(Beginning of GIVEN RECORDS)

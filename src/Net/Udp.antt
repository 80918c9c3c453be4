-- ===== src/Net/Udp.antt =====
-- A datagram from `net_send_udp` to `net_handle_packet` of kernel/net/net.c.
use peker_os.Common.{
  ℕ, ◌+◌, ◌-◌, ◌*◌, ◌/◌, ◌%◌, ◌^◌, ◌≤◌, ◌<◌, ◌≡◌, refl, ap, ◌∙◌, true, false, arith, ltb, List,
  length, take,
}
use peker_os.Common.Bytes.{Bytes}
use peker_os.Common.Copy.{copy_from, memory, copy_from-memory}
use peker_os.Net.{htons, load16, load32}
use peker_os.Net.Order.{stored16}
use peker_os.Net.Packets.{
  Network, Ip, Mac, eth_header, ipv4_header, udp_header, net_send_ipv4, net_send_udp, to_udp,
  callbacks_at, mac_at, is_ip, net_handle_udp, net_handle_ipv4, net_handle_packet,
}

-- An address in memory as a number.
abbrev pub ip_word : Ip → ℕ
ip_word a = a.i0 + 256 * a.i1 + 65536 * a.i2 + 16777216 * a.i3

-- What a packet in memory says.
record SaysUdp (n : Network) (m : Bytes) (src_mac : Mac) (src_ip : Ip) (dest_port src_port : ℕ)
    (payload : List ℕ) : Type 0 where
  type : htons (load16 m 12) ≡ 2048
  sender : mac_at m 6 ≡ src_mac
  header : m 14 % 16 * 4 ≡ 20
  protocol : m 23 ≡ 17
  for_us : is_ip m 30 n.my_ip ≡ true
  address : load32 m 26 ≡ ip_word src_ip
  dest : htons (load16 m 36) ≡ dest_port
  src : htons (load16 m 34) ≡ src_port
  size : htons (load16 m 38) ≡ 8 + length payload
  bytes : copy_from m 42 (length payload) ≡ payload

module _ (n : Network) (m : Bytes) (src_mac : Mac) (src_ip : Ip) (dest_port src_port : ℕ)
    (payload : List ℕ) (s : SaysUdp n m src_mac src_ip dest_port src_port payload)
    (small : length payload ≤ 65507) where
  handled_udp :
      net_handle_udp (record n { gateway_mac = mac_at m 6 }) m 34
      ≡ to_udp (callbacks_at n.udp_sockets dest_port) dest_port src_port (ip_word src_ip) payload
  unfolding net_handle_udp
  handled_udp =
      let data_len : (8 + length payload + 65536 - 8) % 65536 ≡ length payload = omega arith in
      rw (s.dest, s.src, s.size, data_len, s.bytes, s.address) refl

  handled_packet :
      (len : ℕ)
      → 14 ≤ len
      → net_handle_packet n m len ≡ (
        to_udp (callbacks_at n.udp_sockets dest_port) dest_port src_port (ip_word src_ip) payload,
        record n { gateway_mac = src_mac },
      )
  unfolding net_handle_packet net_handle_ipv4
  handled_packet len long =
      let enough : ltb len 14 ≡ false = ground arith in
      rw (enough, s.type, s.header, s.protocol, s.for_us)
        (ap (λ h. (h, record n { gateway_mac = mac_at m 6 })) handled_udp
          ∙ ap
              (λ a. (
                to_udp (callbacks_at n.udp_sockets dest_port) dest_port src_port (ip_word src_ip)
                    payload,
                record n { gateway_mac = a },
              ))
              s.sender)

stored_length :
    (n : ℕ)
    → n ≤ 65507
    → htons (htons ((8 + n) % 65536) % 256 + 256 * (htons ((8 + n) % 65536) / 256 % 256)) ≡ 8 + n
stored_length n small = stored16 ((8 + n) % 65536) (omega arith) ∙ omega arith

module _ (sender receiver : Network) (dest_port src_port : ℕ) (payload : List ℕ)
    (dest_small : dest_port < 2 ^ 16) (src_small : src_port < 2 ^ 16)
    (small : length payload ≤ 65507) where
  packet : List ℕ
  packet = (net_send_udp sender receiver.my_ip dest_port src_port payload).0

  packet-SaysUdp :
      SaysUdp receiver (memory packet) sender.my_mac sender.my_ip dest_port src_port payload
  unfolding packet net_send_udp net_send_ipv4 udp_header eth_header ipv4_header mac_at is_ip htons
  packet-SaysUdp = record {
    type = refl;
    sender = refl;
    header = refl;
    protocol = refl;
    for_us = ground arith;
    address = refl;
    dest = unfold htons in stored16 dest_port dest_small;
    src = unfold htons in stored16 src_port src_small;
    size = unfold htons in stored_length (length payload) small;
    bytes = copy_from-memory (take 42 packet) payload 42 refl;
  }

  long_enough : 14 ≤ length packet
  unfolding packet net_send_udp net_send_ipv4 udp_header eth_header ipv4_header
  long_enough = omega arith

  -- A datagram that `net_send_udp` makes for the receiver's address, of at most 65507 bytes, is what
  -- `net_handle_packet` gives there: the data, with the ports and the sender's address; and the address
  -- of the sender's card is kept as the gateway's.
  pub net_handle_packet-net_send_udp :
      net_handle_packet receiver
        (memory (net_send_udp sender receiver.my_ip dest_port src_port payload).0)
        (length (net_send_udp sender receiver.my_ip dest_port src_port payload).0)
      ≡ (
        to_udp
            (callbacks_at receiver.udp_sockets dest_port)
            dest_port
            src_port
            (ip_word sender.my_ip)
            payload,
        record receiver { gateway_mac = sender.my_mac },
      )
  unfolding packet
  net_handle_packet-net_send_udp =
      handled_packet receiver
        (memory (net_send_udp sender receiver.my_ip dest_port src_port payload).0) sender.my_mac
        sender.my_ip dest_port src_port payload (unfold packet in packet-SaysUdp) small
        (length (net_send_udp sender receiver.my_ip dest_port src_port payload).0)
        (unfold packet in long_enough)
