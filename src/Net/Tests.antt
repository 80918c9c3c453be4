-- ===== src/Net/Tests.antt =====
-- Runs of kernel/net/net.c at concrete bytes.
use peker_os.Common.{length, true, some, ℕ, ◌≡◌, refl, arith, List, [], ◌∷◌, ◌++◌}
use peker_os.Net.{calculate_checksum, store16}
use peker_os.Common.Copy.{memory}
use peker_os.Net.Packets.{Network, to_udp, net_send_udp, net_handle_packet, callbacks_at}
use peker_os.Net.Udp.{ip_word, net_handle_packet-net_send_udp}
use peker_os.Net.Checksum.{calculate_checksum-verifies}

-- A header of IPv4 up to its checksum, and behind it.
abbrev front : List ℕ
front = 69 ∷ 0 ∷ 0 ∷ 40 ∷ 0 ∷ 1 ∷ 0 ∷ 0 ∷ 64 ∷ 6 ∷ []

abbrev back : List ℕ
back = 10 ∷ 0 ∷ 2 ∷ 15 ∷ 10 ∷ 0 ∷ 2 ∷ 2 ∷ []

calculate_checksum-verifies_example :
    calculate_checksum (front ++ (store16 (calculate_checksum (front ++ (0 ∷ 0 ∷ back))) ++ back))
    ≡ 0
calculate_checksum-verifies_example =
    calculate_checksum-verifies 5 front back refl
      (
        omega arith,
        (
          omega arith,
          (
            omega arith,
            (
              omega arith,
              (
                omega arith,
                (omega arith, (omega arith, (omega arith, (omega arith, (omega arith, tt))))),
              ),
            ),
          ),
        ),
      )
      (
        omega arith,
        (
          omega arith,
          (
            omega arith,
            (omega arith, (omega arith, (omega arith, (omega arith, (omega arith, tt))))),
          ),
        ),
      )
      (omega arith)

abbrev here : Network
here = record {
  my_mac = record { m0 = 82; m1 = 84; m2 = 0; m3 = 18; m4 = 52; m5 = 86 };
  my_ip = record { i0 = 10; i1 = 0; i2 = 2; i3 = 15 };
  gateway_mac = record { m0 = 255; m1 = 255; m2 = 255; m3 = 255; m4 = 255; m5 = 255 };
  ipv4_id_counter = 7;
  udp_sockets = [];
}

abbrev there : Network
there = record here {
  my_ip = record { i0 = 10; i1 = 0; i2 = 2; i3 = 2 };
  udp_sockets = record { local_port = 53; callback = some 1; in_use = true } ∷ [];
}

net_handle_packet-net_send_udp_example :
    net_handle_packet there
      (memory (net_send_udp here there.my_ip 53 1000 (104 ∷ 105 ∷ [])).0)
      (length (net_send_udp here there.my_ip 53 1000 (104 ∷ 105 ∷ [])).0)
    ≡ (
      to_udp (callbacks_at there.udp_sockets 53) 53 1000 (ip_word here.my_ip) (104 ∷ 105 ∷ []),
      record there { gateway_mac = here.my_mac },
    )
net_handle_packet-net_send_udp_example =
    net_handle_packet-net_send_udp here there 53 1000 (104 ∷ 105 ∷ []) (omega arith) (omega arith)
      (omega arith)
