-- ===== src/Pafs.antt =====
-- kernel/fs/pafs.c and include/pafs.h: the file system's state, its blocks and its directories. The
-- superblock, the table of inodes and the bitmap are memory, as in the source; the disk gives a sector
-- for each block address, be it the memory of the disk in RAM or the drive that ata.c talks to.
pub mod Files
pub mod Inodes
pub mod Alloc
pub mod Blocks
pub mod WithBlock
pub mod Write
pub mod Same
pub mod Read
pub mod VfsLoop
pub mod VfsRead
pub mod Release
pub mod Frees
pub mod Delete
pub mod Format
pub mod Search
pub mod Swap
pub mod RoundTrip
pub mod Sample
mod Tests
use peker_os.Common.{
  ℕ, zero, suc, ◌+◌, ◌-◌, ◌*◌, ◌/◌, ◌%◌, ◌^◌, Bool, true, false, not, ◌&&◌, ◌||◌, ◌==◌, ltb,
  if◌then◌else◌, Option, none, some, List, [], ◌∷◌, take, count_up,
}
use peker_os.Common.Bytes.{Bytes, store}
use peker_os.Common.Bitmap.{set_bit, clear_bit, test_bit}
use peker_os.Common.Words.{get32, put32}

abbrev pub type_free : ℕ
type_free = 0

abbrev pub type_file : ℕ
type_file = 1

abbrev pub type_dir : ℕ
type_dir = 2

abbrev pub lba_data_start : ℕ
lba_data_start = 18

pub record Pafs : Type 0 where
  pub sb : Bytes
  pub inodes : Bytes
  pub block_bitmap : Bytes
  pub disk : ℕ → Bytes

-- The fields of `struct pafs_superblock` that the operations use.
abbrev pub free_blocks : Pafs → ℕ
free_blocks p = get32 p.sb 12

abbrev pub free_inodes : Pafs → ℕ
free_inodes p = get32 p.sb 16

abbrev pub root_inode : Pafs → ℕ
root_inode p = get32 p.sb 20

abbrev pub set_free_blocks : Pafs → ℕ → Pafs
set_free_blocks p v = record p { sb = put32 p.sb 12 v }

abbrev pub set_free_inodes : Pafs → ℕ → Pafs
set_free_inodes p v = record p { sb = put32 p.sb 16 v }

-- The fields of an inode of the table: `struct pafs_inode` has 64 bytes.
abbrev pub inode_type : Pafs → ℕ → ℕ
inode_type p ino = get32 p.inodes (64 * ino)

abbrev pub inode_size : Pafs → ℕ → ℕ
inode_size p ino = get32 p.inodes (64 * ino + 4)

abbrev pub inode_block : Pafs → ℕ → ℕ → ℕ
inode_block p ino i = get32 p.inodes (64 * ino + 8 + 4 * i)

abbrev pub set_type : Pafs → ℕ → ℕ → Pafs
set_type p ino v = record p { inodes = put32 p.inodes (64 * ino) v }

abbrev pub set_size : Pafs → ℕ → ℕ → Pafs
set_size p ino v = record p { inodes = put32 p.inodes (64 * ino + 4) v }

abbrev pub set_block : Pafs → ℕ → ℕ → ℕ → Pafs
set_block p ino i b = record p { inodes = put32 p.inodes (64 * ino + 8 + 4 * i) b }

pub pafs_disk_write : Pafs → ℕ → Bytes → Pafs
pafs_disk_write p lba buffer = record p { disk = λ l. if l == lba then buffer else p.disk l }

pub pafs_save_superblock : Pafs → Pafs
pafs_save_superblock p = pafs_disk_write p 0 p.sb

-- The sector of the table that holds the inode; a sector has 8 of them.
pub pafs_save_inode : Pafs → ℕ → Pafs
pafs_save_inode p ino = pafs_disk_write p (1 + ino / 8) (λ k. p.inodes (ino / 8 * 512 + k))

pub pafs_save_bitmap : Pafs → Pafs
pafs_save_bitmap p = pafs_disk_write p 17 p.block_bitmap

pub pafs_bitmap_test : Pafs → ℕ → Bool
pafs_bitmap_test p b = test_bit p.block_bitmap b

-- The rounds left, and the loop's `i`.
pub find_free_loop : Pafs → ℕ → ℕ → Option ℕ
find_free_loop p zero i = none
find_free_loop p (suc n) i =
    let later = find_free_loop p n (i + 1) in if inode_type p i == type_free then some i else later

pub find_free_inode : Pafs → Option ℕ
find_free_inode p = find_free_loop p 128 0

-- The block is marked, and the bitmap and the superblock are saved.
pub take_block : Pafs → ℕ → Pafs
take_block p b = pafs_save_superblock (
    pafs_save_bitmap (record p {
      block_bitmap = set_bit p.block_bitmap b;
      sb = put32 p.sb 12 ((free_blocks p + 2 ^ 32 - 1) % 2 ^ 32);
    }))

pub alloc_loop : Pafs → ℕ → ℕ → Option (ℕ × Pafs)
alloc_loop p zero i = none
alloc_loop p (suc n) i =
    let later = alloc_loop p n (i + 1) in
    if pafs_bitmap_test p i then later else some (i, take_block p i)

-- The first free block of the 4096, or `none`, and then nothing changes.
pub alloc_block : Pafs → Option (ℕ × Pafs)
alloc_block p = alloc_loop p (4096 - lba_data_start) lba_data_start

-- A sector of zeros.
abbrev pub zeros : Bytes
zeros k = 0

-- `strcmp` with a name, at a place of memory, gives 0.
pub name_matches : Bytes → ℕ → List ℕ → Bool
name_matches m a [] = m a == 0
name_matches m a (c ∷ cs) = (m a == c) && name_matches m (a + 1) cs

-- The entries of a directory's sector have 32 bytes: an inode, 0 in a free one, and a name.
abbrev pub entry_inode : Bytes → ℕ → ℕ
entry_inode sector j = get32 sector (32 * j)

pub scan_name : Bytes → List ℕ → ℕ → ℕ → Option ℕ
scan_name sector name zero j = none
scan_name sector name (suc n) j =
    let later = scan_name sector name n (j + 1) in
    if not (entry_inode sector j == 0) && name_matches sector (32 * j + 4) name
    then some j
    else later

pub scan_free : Bytes → ℕ → ℕ → Option ℕ
scan_free sector zero j = none
scan_free sector (suc n) j =
    let later = scan_free sector n (j + 1) in if entry_inode sector j == 0 then some j else later

-- The search of `pafs_find_entry` and of `pafs_remove_entry`: the place of a name in a directory.
pub find_place : Pafs → ℕ → List ℕ → ℕ → ℕ → Option (ℕ × ℕ)
find_place p dir name zero i = none
find_place p dir name (suc n) i =
    let later = find_place p dir name n (i + 1) in
    if inode_block p dir i == 0
    then none
    else elim (scan_name (p.disk (inode_block p dir i)) name 16 0) [
      | none ↦ later
      | some j ↦ some (i, j)
    ]

pub pafs_find_entry : Pafs → ℕ → List ℕ → Option ℕ
pafs_find_entry p dir name =
    if not (inode_type p dir == type_dir) || (inode_size p dir == 0)
    then none
    else elim (find_place p dir name 14 0) [
      | none ↦ none
      | some (i, j) ↦ some (entry_inode (p.disk (inode_block p dir i)) j)
    ]

-- A name of at most 27 characters is written with a 0 behind it.
pub put_name : Bytes → ℕ → List ℕ → Bytes
put_name m a [] = store m a 0
put_name m a (c ∷ cs) = put_name (store m a c) (a + 1) cs

abbrev pub put_entry : Bytes → ℕ → ℕ → List ℕ → Bytes
put_entry sector j ino name = put_name (put32 sector (32 * j) ino) (32 * j + 4) (take 27 name)

-- A directory's block, taken and cleared if there is none.
pub dir_block : Pafs → ℕ → ℕ → Option Pafs
dir_block p dir i =
    if inode_block p dir i == 0
    then elim (alloc_block p) [
      | none ↦ none
      | some (b, p') ↦ some (pafs_disk_write (set_block p' dir i b) b zeros)
    ]
    else some p

pub write_entry : Pafs → ℕ → ℕ → ℕ → List ℕ → ℕ → Pafs
write_entry p dir i j name file_ino =
    let b = inode_block p dir i in
    let p1 = pafs_disk_write p b (put_entry (p.disk b) j file_ino name) in
    pafs_save_inode (set_size p1 dir ((inode_size p1 dir + 32) % 2 ^ 32)) dir

pub add_loop : Pafs → ℕ → List ℕ → ℕ → ℕ → ℕ → Bool × Pafs
add_loop p dir name file_ino zero i = (false, p)
add_loop p dir name file_ino (suc n) i = elim (dir_block p dir i) [
  | none ↦ (false, p)
  | some p1 ↦ elim (scan_free (p1.disk (inode_block p1 dir i)) 16 0) [
    | none ↦ add_loop p1 dir name file_ino n (i + 1)
    | some j ↦ (true, write_entry p1 dir i j name file_ino)
  ]
]

-- Whether there was room, and the state.
pub pafs_add_entry : Pafs → ℕ → List ℕ → ℕ → Bool × Pafs
pafs_add_entry p dir name file_ino =
    if inode_type p dir == type_dir then add_loop p dir name file_ino 14 0 else (false, p)

pub pafs_is_dir_empty : Pafs → ℕ → Bool
pafs_is_dir_empty p ino = (inode_type p ino == type_dir) && (inode_size p ino == 0)

-- The entry at one place of a sector copied from another.
pub copy_entry : Bytes → ℕ → Bytes → ℕ → Bytes
copy_entry target j source k i =
    if ltb i (32 * j)
    then target i
    else if ltb i (32 * j + 32)
    then source (32 * k + (i - 32 * j))
    else target i

pub clear_entry : Bytes → ℕ → Bytes
clear_entry sector j i =
    if ltb i (32 * j) then sector i else if ltb i (32 * j + 32) then 0 else sector i

-- The second half of `pafs_remove_entry`, at the place `i`, `j` of the name. The last sector is read
-- before the target's is written. A directory that holds a name has a size of 32 at least.
pub remove_at : Pafs → ℕ → ℕ → ℕ → Pafs
remove_at p dir i j =
    let last = inode_size p dir / 32 - 1 in
    let target_data = p.disk (inode_block p dir i) in
    let last_data = p.disk (inode_block p dir (last / 16)) in
    let p1 =
      if (i == last / 16) && (j == last % 16)
      then p
      else pafs_disk_write p (inode_block p dir i)
          (copy_entry target_data j last_data (last % 16)) in
    let p2 =
      pafs_disk_write p1 (inode_block p dir (last / 16)) (clear_entry last_data (last % 16)) in
    pafs_save_inode (set_size p2 dir ((inode_size p2 dir + 2 ^ 32 - 32) % 2 ^ 32)) dir

pub pafs_remove_entry : Pafs → ℕ → List ℕ → Bool × Pafs
pafs_remove_entry p dir name = elim (find_place p dir name 14 0) [
  | none ↦ (false, p)
  | some (i, j) ↦ (true, remove_at p dir i j)
]
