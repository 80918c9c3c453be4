-- ===== src/Pafs/Alloc.antt =====
-- `alloc_block` of kernel/fs/pafs.c takes the first free block, or fails only if there is none.
use peker_os.Common.{
  ℕ, zero, suc, ◌+◌, ◌≤◌, ◌<◌, ◌≡◌, ap, true, false, arith, inl, inr, ◌==◌, Bool-cases, Option,
  none, some,
}
use mathlib.Core.Path.{subst}
use peker_os.Pafs.{Pafs, pafs_bitmap_test, take_block, alloc_loop, alloc_block}

-- What the search from the block `lo` up to `hi` finds.
pub data Allocates (p : Pafs) (lo hi : ℕ) : Option (ℕ × Pafs) → Type 0 where
  takes :
      (b : ℕ)
      → lo ≤ b
      → b < hi
      → pafs_bitmap_test p b ≡ false
      → ((c : ℕ) → lo ≤ c → c < b → pafs_bitmap_test p c ≡ true)
      → Allocates p lo hi (some (b, take_block p b))
  full : ((c : ℕ) → lo ≤ c → c < hi → pafs_bitmap_test p c ≡ true) → Allocates p lo hi none

used_from :
    (p : Pafs) (i n : ℕ)
    → pafs_bitmap_test p i ≡ true
    → ((c : ℕ) → i + 1 ≤ c → c < n → pafs_bitmap_test p c ≡ true)
    → (c : ℕ) → i ≤ c
    → c < n
    → pafs_bitmap_test p c ≡ true
used_from p i n used later c le lt = elim (Bool-cases (i == c)) [
  | inl same ↦ ground (arith, ap (pafs_bitmap_test p) {x = i} {y = c} (ground arith))
  | inr other ↦ later c (ground arith) lt
]

Allocates-skip :
    (p : Pafs) (i hi : ℕ) {r : Option (ℕ × Pafs)}
    → pafs_bitmap_test p i ≡ true
    → Allocates p (i + 1) hi r
    → Allocates p i hi r
Allocates-skip p i hi used (takes b le lt free all) =
    takes b (omega arith) lt free (used_from p i b used all)
Allocates-skip p i hi used (full all) = full (used_from p i hi used all)

alloc_loop-Allocates : (p : Pafs) (n i : ℕ) → Allocates p i (i + n) (alloc_loop p n i)
unfolding alloc_loop
alloc_loop-Allocates p zero i = full (λ c le lt. absurd (omega arith))
alloc_loop-Allocates p (suc n) i = elim (Bool-cases (pafs_bitmap_test p i)) [
  | inl used ↦
      let len : i + 1 + n ≡ i + suc n = omega arith in
      rw (used, alloc_loop)
        (Allocates-skip p i (i + suc n) used (
          subst (λ h. Allocates p (i + 1) h (alloc_loop p n (i + 1))) len
            (alloc_loop-Allocates p n (i + 1))))
  | inr free ↦
      rw (free, alloc_loop)
        (takes i (omega arith) (omega arith) free (λ c le lt. absurd (omega arith)))
]

-- `alloc_block` takes the first block from 18 on that is free, and fails only if all are in use.
pub alloc_block-Allocates : (p : Pafs) → Allocates p 18 4096 (alloc_block p)
unfolding alloc_block
alloc_block-Allocates p = alloc_loop-Allocates p 4078 18
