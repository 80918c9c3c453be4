-- ===== src/Pafs/Inodes.antt =====
-- The fields of the table of inodes of kernel/fs/pafs.c: a write to one leaves the others.
use peker_os.Common.{ℕ, ◌+◌, ◌*◌, ◌^◌, ◌≤◌, ◌<◌, ◌≡◌, ◌≢◌, ◌⊎◌, arith, inl, inr}
use native.Mathlib.Decide.{dec_lt}
use peker_os.Common.Words.{get32-put32_self, get32-put32_ne}
use peker_os.Pafs.{Pafs, inode_type, inode_size, inode_block, set_block, set_size, set_type}

-- Two block numbers of the table have no byte in common.
slots_apart :
    (g i h j : ℕ)
    → i < 14
    → j < 14
    → (g ≢ h) ⊎ (i ≢ j)
    → (64 * h + 8 + 4 * j + 4 ≤ 64 * g + 8 + 4 * i) ⊎ (64 * g + 8 + 4 * i + 4 ≤ 64 * h + 8 + 4 * j)
slots_apart g i h j hi hj (inl ne) = elim (dec_lt g h) [
  | yes lt ↦ inr (omega arith)
  | no ge ↦ inl (omega (arith, ne))
]
slots_apart g i h j hi hj (inr ne) = elim (dec_lt (64 * g + 8 + 4 * i) (64 * h + 8 + 4 * j)) [
  | yes lt ↦ inr (omega (arith, ne))
  | no ge ↦ inl (omega (arith, ne))
]

module _ (p : Pafs) (g i b : ℕ) (hi : i < 14) where
  pub block-set_block_self : b < 2 ^ 32 → inode_block (set_block p g i b) g i ≡ b
  block-set_block_self small = get32-put32_self p.inodes (64 * g + 8 + 4 * i) b small

  pub block-set_block_ne :
      (h j : ℕ)
      → j < 14
      → (g ≢ h) ⊎ (i ≢ j)
      → inode_block (set_block p g i b) h j ≡ inode_block p h j
  block-set_block_ne h j hj ne =
      get32-put32_ne p.inodes (64 * g + 8 + 4 * i) b (64 * h + 8 + 4 * j)
        (slots_apart g i h j hi hj ne)

  pub type-set_block : (h : ℕ) → inode_type (set_block p g i b) h ≡ inode_type p h
  type-set_block h =
      get32-put32_ne p.inodes (64 * g + 8 + 4 * i) b (64 * h)
        (elim (dec_lt g h) [ yes lt ↦ inr (omega arith) | no ge ↦ inl (omega arith) ])

  pub size-set_block : (h : ℕ) → inode_size (set_block p g i b) h ≡ inode_size p h
  size-set_block h =
      get32-put32_ne p.inodes (64 * g + 8 + 4 * i) b (64 * h + 4)
        (elim (dec_lt g h) [ yes lt ↦ inr (omega arith) | no ge ↦ inl (omega arith) ])

module _ (p : Pafs) (g v : ℕ) where
  pub size-set_size_self : v < 2 ^ 32 → inode_size (set_size p g v) g ≡ v
  size-set_size_self small = get32-put32_self p.inodes (64 * g + 4) v small

  pub size-set_size_ne : (h : ℕ) → g ≢ h → inode_size (set_size p g v) h ≡ inode_size p h
  size-set_size_ne h ne =
      get32-put32_ne p.inodes (64 * g + 4) v (64 * h + 4)
        (elim (dec_lt g h) [ yes lt ↦ inr (omega arith) | no ge ↦ inl (omega (arith, ne)) ])

  pub type-set_size : (h : ℕ) → inode_type (set_size p g v) h ≡ inode_type p h
  type-set_size h =
      get32-put32_ne p.inodes (64 * g + 4) v (64 * h)
        (elim (dec_lt g h) [ yes lt ↦ inr (omega arith) | no ge ↦ inl (omega arith) ])

  pub block-set_size : (h j : ℕ) → j < 14 → inode_block (set_size p g v) h j ≡ inode_block p h j
  block-set_size h j hj =
      get32-put32_ne p.inodes (64 * g + 4) v (64 * h + 8 + 4 * j)
        (elim (dec_lt h g) [ yes lt ↦ inl (omega arith) | no ge ↦ inr (omega arith) ])

module _ (p : Pafs) (g v : ℕ) where
  pub type-set_type_self : v < 2 ^ 32 → inode_type (set_type p g v) g ≡ v
  type-set_type_self small = get32-put32_self p.inodes (64 * g) v small

  pub type-set_type_ne : (h : ℕ) → g ≢ h → inode_type (set_type p g v) h ≡ inode_type p h
  type-set_type_ne h ne =
      get32-put32_ne p.inodes (64 * g) v (64 * h)
        (elim (dec_lt g h) [ yes lt ↦ inr (omega arith) | no ge ↦ inl (omega (arith, ne)) ])

  pub size-set_type : (h : ℕ) → inode_size (set_type p g v) h ≡ inode_size p h
  size-set_type h =
      get32-put32_ne p.inodes (64 * g) v (64 * h + 4)
        (elim (dec_lt h g) [ yes lt ↦ inl (omega arith) | no ge ↦ inr (omega arith) ])

  pub block-set_type : (h j : ℕ) → j < 14 → inode_block (set_type p g v) h j ≡ inode_block p h j
  block-set_type h j hj =
      get32-put32_ne p.inodes (64 * g) v (64 * h + 8 + 4 * j)
        (elim (dec_lt h g) [ yes lt ↦ inl (omega arith) | no ge ↦ inr (omega arith) ])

(End of GIVEN RECORDS)

### EXERCISE
A single number is the whole answer: the count of lines above that hold "written".

### ANSWER TO THIS PROBLEM
2